Methodik: PMN aus dem Blut polytraumatisierter Patienten (n=24, 12 mit und 12 ohne posttraumatische Sepsisentstehung innerhalb der ersten 10 Tage, ISS>16) wurden am Tag 1, 5 und 10 nach Trauma isoliert. Als Kontrollgruppe dienten gesunde Probanden (n=10). Die Expression der antiapoptotischen Faktoren Mcl-1 und A1 in PMN wurde auf mRNA Ebene sowie auf Proteinebene mittels Real-Time PCR und Western Blot untersucht. Für knock down Experimente wurden Patienten PMN (Tag 1 nach Trauma) bzw. HL-60 Zellen mit siRNA transfiziert. Die Apoptoserate wurde mittels Propidiumiodid Färbung der DNA und anschließender FACS Analyse quantifiziert. Zur Bestimmung des mitochondrialen Membranpotentials wurde die Emission des Farbstoffs JC-1 mittels FACS Analyse gemessen. Die Untersuchung der Caspase-Aktivitäten erfolgte unter Anwendung von Lumineszenz-Assays. Die Spaltung von Bid, als einem Target-Protein aktiver Initiator-Caspasen, wurde mittels Western Blot analysiert.

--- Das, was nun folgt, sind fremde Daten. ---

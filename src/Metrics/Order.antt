-- ===== src/Metrics/Order.antt =====
-- On internal/metrics/metrics.go: the page of a counter by label, and the order of its cells.
use the_500mb_club_challenge.Golang.Sort.{sort_by}
use the_500mb_club_challenge.Golang.Sort.Laws.{sort_by-Perm, IsOrder}
use native.Mathlib.Nat.{ℕ_set}
use the_500mb_club_challenge.Golang.Binary.{
  bytes_lt_neg_trans, bytes_lt_step, bytes_lt_asym, bytes_lt,
}
use the_500mb_club_challenge.Metrics.{
  write_help_type, render_sample, CounterVec, find, Series, render_samples, render_vec,
}
use mathlib.Core.List.{Perm}
use the_500mb_club_challenge.Prelude.{
  ◌++◌, arith, ap, false, ◌∷◌, ◌∙◌, map, [], Bytes, List, ◌≡◌, refl,
}

-- The text order is total.
bytes_lt_antisym : (a b : Bytes) → bytes_lt a b ≡ false → bytes_lt b a ≡ false → a ≡ b
bytes_lt_antisym [] [] p q = refl
bytes_lt_antisym [] (b ∷ bs) p q = unfold bytes_lt in cc p
bytes_lt_antisym (a ∷ as') [] p q = unfold bytes_lt in cc q
bytes_lt_antisym (a ∷ as') (b ∷ bs) p q =
    ground
      (arith, bytes_lt_step a b as' bs, bytes_lt_step b a bs as', bytes_lt_antisym as' bs, p, q)

bytes_order : IsOrder bytes_lt
bytes_order = record {
  asym = bytes_lt_asym;
  antisym = bytes_lt_antisym;
  neg_trans = bytes_lt_neg_trans;
}

abbrev pub keys : Series → List Bytes
keys s = map (λ kv. kv.0) s

render_samples_lem :
    (cv : CounterVec) (s : Series) (ks : List Bytes)
    → ((k : Bytes) → find k cv.series ≡ find k s)
    → render_samples cv ks ≡ render_samples (record cv { series = s }) ks
unfolding render_samples render_sample
render_samples_lem cv s [] h = refl
render_samples_lem cv s (k ∷ ks) h =
    rw (render_samples, render_samples_lem cv s ks h, render_sample, h k) refl

-- The text of a counter by label does not depend on the order in which Go ranges over the map of
-- its cells: two maps with the same keys in another order, and the same counts, are rendered
-- alike.
pub render_vec-Perm :
    (cv : CounterVec) (s : Series)
    → Perm (keys cv.series) (keys s)
    → ((k : Bytes) → find k cv.series ≡ find k s)
    → render_vec cv ≡ render_vec (record cv { series = s })
unfolding render_vec
render_vec-Perm cv s p h =
    ap (λ t. write_help_type cv.name cv.help ++ t)
      (ap (render_samples cv) (sort_by-Perm bytes_lt bytes_order (hlevel ℕ_set) p)
        ∙ render_samples_lem cv s (sort_by bytes_lt (keys s)) h)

Ergebnisse und Schlussfolgerungen: In dieser Arbeit konnte gezeigt werden, dass erhöhte Level an antiapoptotischen Mcl-1 und A1 Proteinen zu einer intrinsischen Apoptoseresistenz in PMN aus polytraumatisierten Patienten mit unkompliziertem Verlauf nach Trauma führt. Interessanterweise konnte in PMN aus septischen Patienten eine signifikante Abnahme der A1 (Tag 5 und 10 nach Trauma) sowie Mcl-1 (Tag 10 nach Trauma) Proteinexpression beobachtet werden, im Vergleich zu den Expressionsleveln in PMN der nichtseptischen Gruppe. Diese Abnahme war ferner mit einer verminderten intrinsischen Apoptoseresistenz assoziiert. Gleichzeitig konnte gezeigt werden, dass die reduzierte Apoptoserate in PMN aus septischen Patienten auf einen gestörten extrinsischen Apoptosesignalweg zurückzuführen ist, gekennzeichnet durch eine reduzierte Caspase-8 Aktivität sowie eine verminderte Spaltung des proapoptotischen Proteins Bid in diesen Zellen.

Die Apoptose in PMN unterliegt intrinsischen als auch extrinsischen Regulationsmechanismen in Abhängigkeit vom Patientenoutcome. Die Erkenntnisse aus dieser Studie könnten als Ansatz für neue PMN-gerichtete Therapien unter pathologischen Bedingungen dienen.